### WHAT TO PRODUCE
Below are the records; give again exactly the line with "filename src/Models/Contracts.antt", the line with "-- The frozen", and each line that lies between them, and nothing besides.
*** RECORDS SHOWN ***
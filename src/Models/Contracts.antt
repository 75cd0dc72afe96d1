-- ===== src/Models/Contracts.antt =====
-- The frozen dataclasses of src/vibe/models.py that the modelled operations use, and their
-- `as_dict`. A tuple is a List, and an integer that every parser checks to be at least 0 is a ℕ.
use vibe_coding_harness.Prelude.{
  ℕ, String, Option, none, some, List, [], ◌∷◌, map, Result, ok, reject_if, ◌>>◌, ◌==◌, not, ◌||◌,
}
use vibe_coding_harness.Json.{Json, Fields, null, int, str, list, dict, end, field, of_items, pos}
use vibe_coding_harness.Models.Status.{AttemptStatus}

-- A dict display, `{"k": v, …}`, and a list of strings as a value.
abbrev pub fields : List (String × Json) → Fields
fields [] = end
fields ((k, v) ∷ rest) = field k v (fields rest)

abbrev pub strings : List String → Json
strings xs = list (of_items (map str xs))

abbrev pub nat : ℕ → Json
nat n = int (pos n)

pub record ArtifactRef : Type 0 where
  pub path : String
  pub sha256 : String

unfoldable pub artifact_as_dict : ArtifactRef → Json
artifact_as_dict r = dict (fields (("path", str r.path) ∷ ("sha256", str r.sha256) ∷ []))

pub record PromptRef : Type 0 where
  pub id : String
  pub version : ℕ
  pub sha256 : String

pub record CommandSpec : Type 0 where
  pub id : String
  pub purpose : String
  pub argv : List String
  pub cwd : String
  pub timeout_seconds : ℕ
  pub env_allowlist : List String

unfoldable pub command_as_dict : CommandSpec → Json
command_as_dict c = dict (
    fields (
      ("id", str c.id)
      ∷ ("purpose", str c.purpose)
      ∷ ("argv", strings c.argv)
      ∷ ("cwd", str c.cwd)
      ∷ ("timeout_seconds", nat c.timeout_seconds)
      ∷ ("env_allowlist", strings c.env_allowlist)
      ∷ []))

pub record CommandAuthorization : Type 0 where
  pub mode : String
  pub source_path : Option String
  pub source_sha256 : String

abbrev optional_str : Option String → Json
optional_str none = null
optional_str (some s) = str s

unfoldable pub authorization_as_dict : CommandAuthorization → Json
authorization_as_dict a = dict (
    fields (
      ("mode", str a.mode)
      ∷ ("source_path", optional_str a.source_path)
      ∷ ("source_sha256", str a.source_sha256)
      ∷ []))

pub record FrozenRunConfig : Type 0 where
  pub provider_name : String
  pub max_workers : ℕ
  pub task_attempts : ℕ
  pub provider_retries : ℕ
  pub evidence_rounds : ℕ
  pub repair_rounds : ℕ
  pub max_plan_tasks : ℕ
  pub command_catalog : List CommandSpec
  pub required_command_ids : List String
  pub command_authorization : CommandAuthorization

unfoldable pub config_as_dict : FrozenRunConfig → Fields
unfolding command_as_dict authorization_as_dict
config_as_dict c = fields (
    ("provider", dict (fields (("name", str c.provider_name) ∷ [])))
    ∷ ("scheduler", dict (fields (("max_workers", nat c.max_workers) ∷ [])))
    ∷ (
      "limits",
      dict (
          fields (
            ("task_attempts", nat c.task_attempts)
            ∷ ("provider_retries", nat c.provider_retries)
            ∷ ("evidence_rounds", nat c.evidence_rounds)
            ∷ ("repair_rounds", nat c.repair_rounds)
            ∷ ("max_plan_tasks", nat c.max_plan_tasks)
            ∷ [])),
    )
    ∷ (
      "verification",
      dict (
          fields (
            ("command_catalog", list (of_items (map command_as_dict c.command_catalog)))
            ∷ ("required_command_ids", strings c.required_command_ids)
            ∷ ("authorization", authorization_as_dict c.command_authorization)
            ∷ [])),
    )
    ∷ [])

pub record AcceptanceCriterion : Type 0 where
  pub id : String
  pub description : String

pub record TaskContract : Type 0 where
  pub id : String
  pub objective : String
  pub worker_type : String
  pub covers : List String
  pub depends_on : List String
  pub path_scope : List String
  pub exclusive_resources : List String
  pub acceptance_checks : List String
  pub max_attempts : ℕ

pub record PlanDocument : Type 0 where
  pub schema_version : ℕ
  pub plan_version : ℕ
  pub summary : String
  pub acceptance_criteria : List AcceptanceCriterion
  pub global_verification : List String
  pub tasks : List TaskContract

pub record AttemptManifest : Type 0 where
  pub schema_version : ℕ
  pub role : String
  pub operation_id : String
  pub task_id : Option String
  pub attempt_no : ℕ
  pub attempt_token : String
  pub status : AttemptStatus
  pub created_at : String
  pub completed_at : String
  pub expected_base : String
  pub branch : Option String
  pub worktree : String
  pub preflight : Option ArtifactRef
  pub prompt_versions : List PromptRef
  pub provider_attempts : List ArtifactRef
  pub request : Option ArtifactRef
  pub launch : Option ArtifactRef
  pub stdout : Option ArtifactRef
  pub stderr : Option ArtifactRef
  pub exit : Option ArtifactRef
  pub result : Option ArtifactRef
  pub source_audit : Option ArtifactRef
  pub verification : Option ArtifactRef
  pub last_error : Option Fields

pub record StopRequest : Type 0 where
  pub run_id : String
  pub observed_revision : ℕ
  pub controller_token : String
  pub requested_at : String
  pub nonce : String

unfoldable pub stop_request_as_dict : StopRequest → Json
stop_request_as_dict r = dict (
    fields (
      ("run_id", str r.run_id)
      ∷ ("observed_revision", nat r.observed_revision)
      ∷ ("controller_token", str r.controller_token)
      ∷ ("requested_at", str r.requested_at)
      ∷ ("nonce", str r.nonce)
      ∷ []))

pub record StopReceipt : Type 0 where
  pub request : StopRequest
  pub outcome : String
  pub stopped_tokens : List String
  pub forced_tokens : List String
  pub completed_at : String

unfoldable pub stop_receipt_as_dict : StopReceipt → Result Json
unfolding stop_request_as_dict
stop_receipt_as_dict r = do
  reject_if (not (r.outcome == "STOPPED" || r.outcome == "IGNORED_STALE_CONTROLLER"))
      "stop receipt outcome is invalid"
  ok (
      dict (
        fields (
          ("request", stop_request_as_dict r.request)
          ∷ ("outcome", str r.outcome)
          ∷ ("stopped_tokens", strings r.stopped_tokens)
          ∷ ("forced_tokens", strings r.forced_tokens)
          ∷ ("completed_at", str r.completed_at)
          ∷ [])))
*** End of RECORDS SHOWN ***
*** RECORDS SHOWN ***
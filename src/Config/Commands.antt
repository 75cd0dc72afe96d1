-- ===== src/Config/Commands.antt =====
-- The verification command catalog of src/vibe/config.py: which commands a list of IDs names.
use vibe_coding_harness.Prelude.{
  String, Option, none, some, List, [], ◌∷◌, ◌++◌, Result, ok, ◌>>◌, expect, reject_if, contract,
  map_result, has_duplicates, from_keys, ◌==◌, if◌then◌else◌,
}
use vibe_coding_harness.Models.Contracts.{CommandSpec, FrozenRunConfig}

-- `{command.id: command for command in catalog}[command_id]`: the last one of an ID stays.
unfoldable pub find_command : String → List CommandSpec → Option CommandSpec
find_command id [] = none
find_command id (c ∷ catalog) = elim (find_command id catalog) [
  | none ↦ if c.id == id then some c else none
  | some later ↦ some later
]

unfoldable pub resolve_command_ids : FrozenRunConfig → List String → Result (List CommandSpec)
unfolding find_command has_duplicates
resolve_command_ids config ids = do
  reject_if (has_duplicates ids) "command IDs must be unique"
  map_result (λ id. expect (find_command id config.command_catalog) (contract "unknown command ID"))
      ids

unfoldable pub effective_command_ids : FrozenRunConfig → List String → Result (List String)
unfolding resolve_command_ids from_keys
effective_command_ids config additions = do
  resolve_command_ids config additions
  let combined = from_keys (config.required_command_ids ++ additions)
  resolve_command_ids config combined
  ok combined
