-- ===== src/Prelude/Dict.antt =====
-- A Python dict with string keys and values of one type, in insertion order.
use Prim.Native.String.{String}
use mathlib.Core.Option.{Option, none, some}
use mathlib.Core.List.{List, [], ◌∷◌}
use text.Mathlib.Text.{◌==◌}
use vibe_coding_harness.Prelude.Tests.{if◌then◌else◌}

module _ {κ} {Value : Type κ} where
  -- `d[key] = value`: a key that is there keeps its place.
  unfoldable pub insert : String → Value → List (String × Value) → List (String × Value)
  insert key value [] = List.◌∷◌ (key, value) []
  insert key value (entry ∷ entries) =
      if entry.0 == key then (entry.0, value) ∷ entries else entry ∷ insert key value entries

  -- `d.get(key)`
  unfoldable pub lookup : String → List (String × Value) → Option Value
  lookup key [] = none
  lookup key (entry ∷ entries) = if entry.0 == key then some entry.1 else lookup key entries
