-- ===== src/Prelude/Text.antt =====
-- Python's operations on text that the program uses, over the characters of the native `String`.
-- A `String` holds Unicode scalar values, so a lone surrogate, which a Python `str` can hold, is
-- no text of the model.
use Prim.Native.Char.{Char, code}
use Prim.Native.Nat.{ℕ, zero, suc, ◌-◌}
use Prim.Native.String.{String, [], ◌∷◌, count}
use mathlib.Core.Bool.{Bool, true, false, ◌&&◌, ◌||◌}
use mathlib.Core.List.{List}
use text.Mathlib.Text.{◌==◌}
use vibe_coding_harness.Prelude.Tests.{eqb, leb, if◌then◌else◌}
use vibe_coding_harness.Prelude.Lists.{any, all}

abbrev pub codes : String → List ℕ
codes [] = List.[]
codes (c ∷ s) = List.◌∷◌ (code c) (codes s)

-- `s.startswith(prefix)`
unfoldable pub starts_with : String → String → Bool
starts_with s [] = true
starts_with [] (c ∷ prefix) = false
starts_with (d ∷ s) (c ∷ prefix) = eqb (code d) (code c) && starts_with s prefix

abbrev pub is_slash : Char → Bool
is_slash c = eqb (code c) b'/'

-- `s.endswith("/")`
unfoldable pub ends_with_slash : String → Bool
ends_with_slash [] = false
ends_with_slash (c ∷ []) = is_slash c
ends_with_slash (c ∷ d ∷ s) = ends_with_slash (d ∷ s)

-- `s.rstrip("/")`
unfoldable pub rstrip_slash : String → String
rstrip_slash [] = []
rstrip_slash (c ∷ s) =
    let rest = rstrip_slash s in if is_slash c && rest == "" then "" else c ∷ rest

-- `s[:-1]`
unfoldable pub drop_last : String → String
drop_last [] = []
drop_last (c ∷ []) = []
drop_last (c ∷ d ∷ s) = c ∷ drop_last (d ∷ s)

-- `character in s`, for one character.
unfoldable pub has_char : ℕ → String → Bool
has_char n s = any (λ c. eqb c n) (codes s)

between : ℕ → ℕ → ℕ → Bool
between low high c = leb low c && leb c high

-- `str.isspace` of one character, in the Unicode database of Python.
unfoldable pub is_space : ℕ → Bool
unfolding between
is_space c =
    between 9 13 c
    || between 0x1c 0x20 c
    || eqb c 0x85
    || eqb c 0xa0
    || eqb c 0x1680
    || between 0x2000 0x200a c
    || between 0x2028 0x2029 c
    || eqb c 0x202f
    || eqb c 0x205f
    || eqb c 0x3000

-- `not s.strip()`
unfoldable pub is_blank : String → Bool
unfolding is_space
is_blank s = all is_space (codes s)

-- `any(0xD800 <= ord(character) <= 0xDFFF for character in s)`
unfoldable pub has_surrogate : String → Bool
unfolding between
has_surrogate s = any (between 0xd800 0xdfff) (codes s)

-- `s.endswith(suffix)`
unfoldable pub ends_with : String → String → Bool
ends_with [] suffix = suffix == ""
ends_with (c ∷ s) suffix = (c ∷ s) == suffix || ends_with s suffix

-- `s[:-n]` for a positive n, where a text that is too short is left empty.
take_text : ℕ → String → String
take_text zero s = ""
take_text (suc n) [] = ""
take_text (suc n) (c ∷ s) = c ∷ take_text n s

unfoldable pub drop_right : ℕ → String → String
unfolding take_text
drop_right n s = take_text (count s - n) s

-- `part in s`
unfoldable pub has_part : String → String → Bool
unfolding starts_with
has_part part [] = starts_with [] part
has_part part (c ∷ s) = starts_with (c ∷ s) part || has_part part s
*** End of RECORDS SHOWN ***
### REPLY
filename src/Models/Contracts.antt
repository 75cd0dc72afe96d1
-- ===== src/Models/Contracts.antt =====
-- The frozen dataclasses of src/vibe/models.py that the modelled operations use, and their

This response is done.